Currently, neither Christchurch District Health Board nor Corrections pay for the care of their clients living at Addington. The one exception is a modest amount Addington receives from the DHB for providing an on-call bed and associated supervision for people with serious mental illness that are at risk of criminal behaviour.

Pip says the care of many of the centre’s residents would likely qualify for District Health Board or Corrections Department funding.

She says the days of the agencies freely shifting the costs and risks of caring for parolees and mental health patients at Addington may be coming to an end. Addington’s management is now working toward establishing contracts with the agencies.

The savings to Corrections when people are in The Salvation Army’s care is huge. The cost of keeping men like Jason and Ricky in prison is around $94,000 a year—or $257 a day—not much more than Addington receives per week, per man for rent, board and services. And that’s if residents have the means to pay. As Glenis says, admission is based on need rather than ability to pay.

Mental-health benefits

The cost of having unmanaged mental health patients at large is inestimable but also likely to be huge.

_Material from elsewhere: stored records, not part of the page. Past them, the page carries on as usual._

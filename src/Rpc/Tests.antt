-- ===== src/Rpc/Tests.antt =====
-- A JSON library that knows one message of each kind, for the tests.
use cloud_sdk_go.Base.{String, List, [], ◌∷◌, message, ok, err}
use cloud_sdk_go.Rpc.Messages.{
  Json, Method, PublishParams, Request, Response, ControlResult, ConsumeMessage, ConsumeResult,
  no_error, json_rpc_version, result_status_success,
}
use cloud_sdk_go.Rpc.RoundTrip.{one_stream}

abbrev messages : List ConsumeMessage
messages = record { msg_id = "m1"; payload = "p"; headers = [] } ∷ []

abbrev result : ConsumeResult
result = one_stream "c1" "s1" "stream" messages

abbrev success : ControlResult
success = record { status = result_status_success }

abbrev published : List PublishParams
published = record { msg_id = "u2"; stream = "stream"; payload = "p"; headers = [] } ∷ []

abbrev pub request : Request
request = record {
  version = json_rpc_version;
  id = "u1";
  method = Method.publish_;
  params = "params";
}

abbrev response : String → Response
response text = record { version = json_rpc_version; id = "r1"; result = text; error = no_error }

abbrev pub json : String → Json
json text = record {
  marshal_params = λ p. ok "params";
  unmarshal_consume_params = λ s. err (message "unused");
  unmarshal_publish_params = λ s. ok published;
  marshal_request = λ r. "request";
  unmarshal_request = λ s. ok request;
  marshal_response = λ r. "response";
  unmarshal_response = λ s. ok (response text);
  marshal_control = λ r. "control";
  unmarshal_control = λ s. ok success;
  marshal_consume = λ r. "consume";
  unmarshal_consume = λ s. ok result;
  marshal_publish = λ r. "publish";
  unmarshal_publish = λ s. err (message "unused");
}
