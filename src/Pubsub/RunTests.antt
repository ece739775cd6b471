-- ===== src/Pubsub/RunTests.antt =====
-- Runs of the goroutines as instances of their theorems.
use cloud_sdk_go.Base.{
  ◌≡◌, refl, pos, ◌+◌, String, true, false, none, some, List, [], ◌∷◌, ok, err, message, because,
  arith, lookup, insert,
}
use cloud_sdk_go.Rpc.Tests.{request, json}
use cloud_sdk_go.Rpc.Messages.{
  new_publish_request, no_error, Response, ConsumeResult, new_response_from_bytes,
}
use cloud_sdk_go.HandlerMap.Defs.{new_handler_map}
use cloud_sdk_go.HandlerMap.Answers.{pending}
use cloud_sdk_go.Pubsub.Traffic.{Turn, submits, writes, reads, processes, new_traffic, traffic}
use cloud_sdk_go.Pubsub.Routing.{called, refused, queued, submitted, traffic-answers}
use cloud_sdk_go.Pubsub.Channels.{IsOrderly, traffic-IsOrderly}
use cloud_sdk_go.Stats.Defs.{new_conn_stats}
use cloud_sdk_go.Gap.Tracker.{is_active}
use cloud_sdk_go.Pubsub.Conn.{Conn, send_message, new_internal_connection, close_notify}
use cloud_sdk_go.Pubsub.Reconnect.{Connection, error_handler_pass}
use cloud_sdk_go.Pubsub.Resume.{Restores}
use cloud_sdk_go.Pubsub.Recovery.{stall-Restores}
use cloud_sdk_go.Pubsub.Consume.{Round, answered, timed_out, consumer}
use cloud_sdk_go.Pubsub.Subscriber.{subscriber}
use cloud_sdk_go.Pubsub.Detections.{Sees, detections, ends_in_gap, subscriber-Sees}
use cloud_sdk_go.Pubsub.Lifecycle.{Service, Attempt, connect_service}
use cloud_sdk_go.Pubsub.Once.{Op, connects, disconnects, breaks, connected}
use cloud_sdk_go.Pubsub.Publish.{to_published, send_publish_message, publish}
use cloud_sdk_go.Pubsub.Acks.{publish_lem}
use cloud_sdk_go.Pubsub.Crew.{Crew, started, Run, here, next, work, writer_ends, reader_ends}
use cloud_sdk_go.Pubsub.Closing.{open_failure-waits}

-- A request is written and its response read and processed.
abbrev turns : List (Turn String)
turns =
    submits (record { request = record request { id = "r1" }; handler = some "f" })
    ∷ writes 1 1 none
    ∷ reads (ok "response")
    ∷ processes 2 2
    ∷ []

answered_once : called "r1" (traffic (json "yes") turns (new_traffic 0 100)).1 ≡ 1
unfolding traffic new_handler_map new_response_from_bytes lookup insert
answered_once = refl

traffic-answers_example :
    let (t, acts) = traffic (json "yes") turns (new_traffic 0 100) in
    called "r1" acts + refused "r1" acts + queued "r1" t.writer_queue + pending "r1" t.handlers
    ≡ submitted "r1" turns
traffic-answers_example = traffic-answers (json "yes") 0 100 "r1" turns (omega arith)

-- The handler "f" is that of the request "r1".
abbrev request_of : String → String
request_of h = "r1"

traffic-IsOrderly_example :
    IsOrderly request_of (json "yes") (traffic (json "yes") turns (new_traffic 0 100))
traffic-IsOrderly_example =
    traffic-IsOrderly request_of (json "yes") 0 100 turns (refl, (tt, (tt, (tt, tt))))

-- `disconnect` has closed the websocket and the reader has noticed.
abbrev parting : Crew
parting = record started { socket_up = false; reader = false; closing = true }

abbrev parted : Crew
parted = record parting { writer = false }

abbrev departure : Run parting parted
departure = next here (work (writer_ends refl refl refl refl))

-- The websocket fails while the processor waits in a handler: the reader ends.
abbrev held : Crew
held = record started { socket_up = false; processor_held = true }

abbrev unread : Crew
unread = record held { reader = false; closing = true }

abbrev failure : Run held unread
failure = next here (work (reader_ends refl refl refl))

abbrev unopened : Crew
unopened = record started { closing = true }

abbrev stuck : Crew
stuck = record unopened { writer = false }

abbrev half : Run unopened stuck
half = next here (work (writer_ends refl refl refl refl))

open_failure-waits_example :
    (stuck.finished ≡ false) × (stuck.reader ≡ true) × (stuck.socket_up ≡ true)
open_failure-waits_example = open_failure-waits started stuck half refl refl refl refl refl

-- The broker answers once and then no more.
abbrev watched : Conn
watched = record {
  config = record {
    group_id = "g";
    domain = "us";
    has_api_key_provider = true;
    has_auth_token_provider = false;
    poll_interval = pos 1;
    status_log_interval = pos 1;
  };
  auth_key = "X-Api-Key";
  has_ws = true;
  closed = false;
  consume_timeout = false;
  subs = [];
  writer_queue = [];
  error = none;
  stats = new_conn_stats;
  gaps = some (record { streams = []; reconnect_count = 0 });
}

abbrev nothing_new : ConsumeResult
nothing_new = record { consume_context = "c1"; subscription_id = "s1"; messages = [] }

abbrev rounds : List Round
rounds = answered true (ok nothing_new) true ∷ timed_out ∷ []

no_gap_yet : is_active (lookup "a" []) ≡ false
unfolding lookup
no_gap_yet = refl

subscriber-Sees_example :
    Sees "a" false
      (ends_in_gap (consumer "a" "" rounds).1)
      (subscriber ok "a" (λ n. n) 20 21 rounds watched)
subscriber-Sees_example =
    subscriber-Sees ok "a" (record { streams = []; reconnect_count = 0 }) (λ n. n) 20 21 rounds
      watched no_gap_yet refl

-- A connection that is opened, breaks, and cannot be opened again.
abbrev attempt : Attempt
attempt = record {
  dial = record { token = ok "key"; dialled = ok tt; opened = ok tt };
  deleted = λ id. ok tt;
  cancelled = none;
}

abbrev unconnected : Service
unconnected = record {
  connection = record {
    config = watched.config;
    conn = record watched { has_ws = false };
    reconnecting = false;
    subscriptions = [];
  };
  serving = false;
}

abbrev ops : List Op
ops =
    connects 5 attempt
    ∷ breaks (λ id. ok tt) none
    ∷ connects 9 attempt
    ∷ disconnects (λ id. ok tt)
    ∷ []

opened_once : (connected ops unconnected).1 ≡ 1
unfolding connect_service
opened_once = refl

-- The connection with the subscription that it makes anew.
abbrev stalling : Connection
stalling = record {
  config = watched.config;
  conn = watched;
  reconnecting = false;
  subscriptions = ("a", record { stream = "a"; subscription_id = "s1" }) ∷ [];
}

abbrev fresh : Conn
fresh = record watched { has_ws = false }

made_fresh : new_internal_connection watched.config new_conn_stats watched.gaps ≡ ok fresh
unfolding new_internal_connection
made_fresh = refl

stalls : ends_in_gap (consumer "a" "" rounds).1 ≡ true
unfolding consumer
stalls = refl

stall-Restores_example :
    let (c, effects) = subscriber ok "a" (λ n. n) 20 21 rounds stalling.conn in
    let shut : Connection = record stalling { conn = close_notify (λ id. ok tt) none c } in
    (detections effects ≡ 1)
    × (close_notify (λ id. ok tt) none c ≡ close_notify (λ id. err (message "down")) none c)
    × Restores shut (error_handler_pass 30 attempt.dial (λ id. ok tt) none shut)
unfolding lookup
stall-Restores_example =
    stall-Restores ok "a" (record { streams = []; reconnect_count = 0 }) (λ n. n) 20 21 30 rounds
      stalling none (λ id. ok tt) (λ id. err (message "down")) attempt.dial fresh "key" refl
      no_gap_yet stalls (refl, refl, refl, tt) made_fresh refl refl refl

abbrev acknowledged : Response
acknowledged = record { version = "2.0"; id = "u1"; result = "published"; error = no_error }

published_sent : (send_publish_message (json "yes") "u1" "u2" "a" [] "cGF5" watched).1 ≡ ok "u1"
unfolding send_publish_message new_publish_request send_message
published_sent = refl

publish_lem_example :
    ((publish
        (json "yes")
        "u1"
        "u2"
        "a"
        []
        "cGF5"
        (acknowledged ∷ [])
        (acknowledged ∷ [])
        watched).1
      ≡ ok (to_published (json "yes") acknowledged))
    × ((publish (json "yes") "u1" "u2" "a" [] "cGF5" (acknowledged ∷ []) [] watched).1
        ≡ err (because "timed out waiting for publish response" (message "u1")))
publish_lem_example =
    publish_lem (json "yes") "u1" "u2" "a" [] "cGF5" "u1" watched (acknowledged ∷ []) acknowledged
      [] published_sent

Robert entered Addington 12 years ago looking for a way put an end to the chaos that had consumed much of his adult life. He was homeless and arrived at Addington with multiple drug addictions and a history of psychiatric hospital admissions, some of them ordered by the courts.

He says he now has a level of stability in his life sufficient to keep himself well—something he says would be highly unlikely if he lived in the community. Staff keep a quiet eye on Robert’s health and can help him manage his medications if need be.

‘Life has improved 100 per cent,’ says Robert. ‘Here, there is a system where I don’t get unwell, without which I could fall back into that dysfunctional behaviour.’

The Hereford Centre, a mental health provider, regularly refers its patients to Addington. Senior Psychiatric Nurse Michael Fahy says the management of community health patients by Addington’s staff and the centre’s structured regime provides patients with critical stability.

‘We have a lot of people who if they know their medication is going to be dispensed and staff are there at night to check things out, then they will do well,’ he says. ‘They don’t do well if they are left to their own devices—structure is essential.’

He says Hereford staff view Addington as having a high value for community mental health patients and the community at large, a value that is rising with the scarcity of suitable accommodation.

‘We know if (Addington) closed today, we probably would not be able to place of the people that we’ve got living there. They would probably end up on the street.’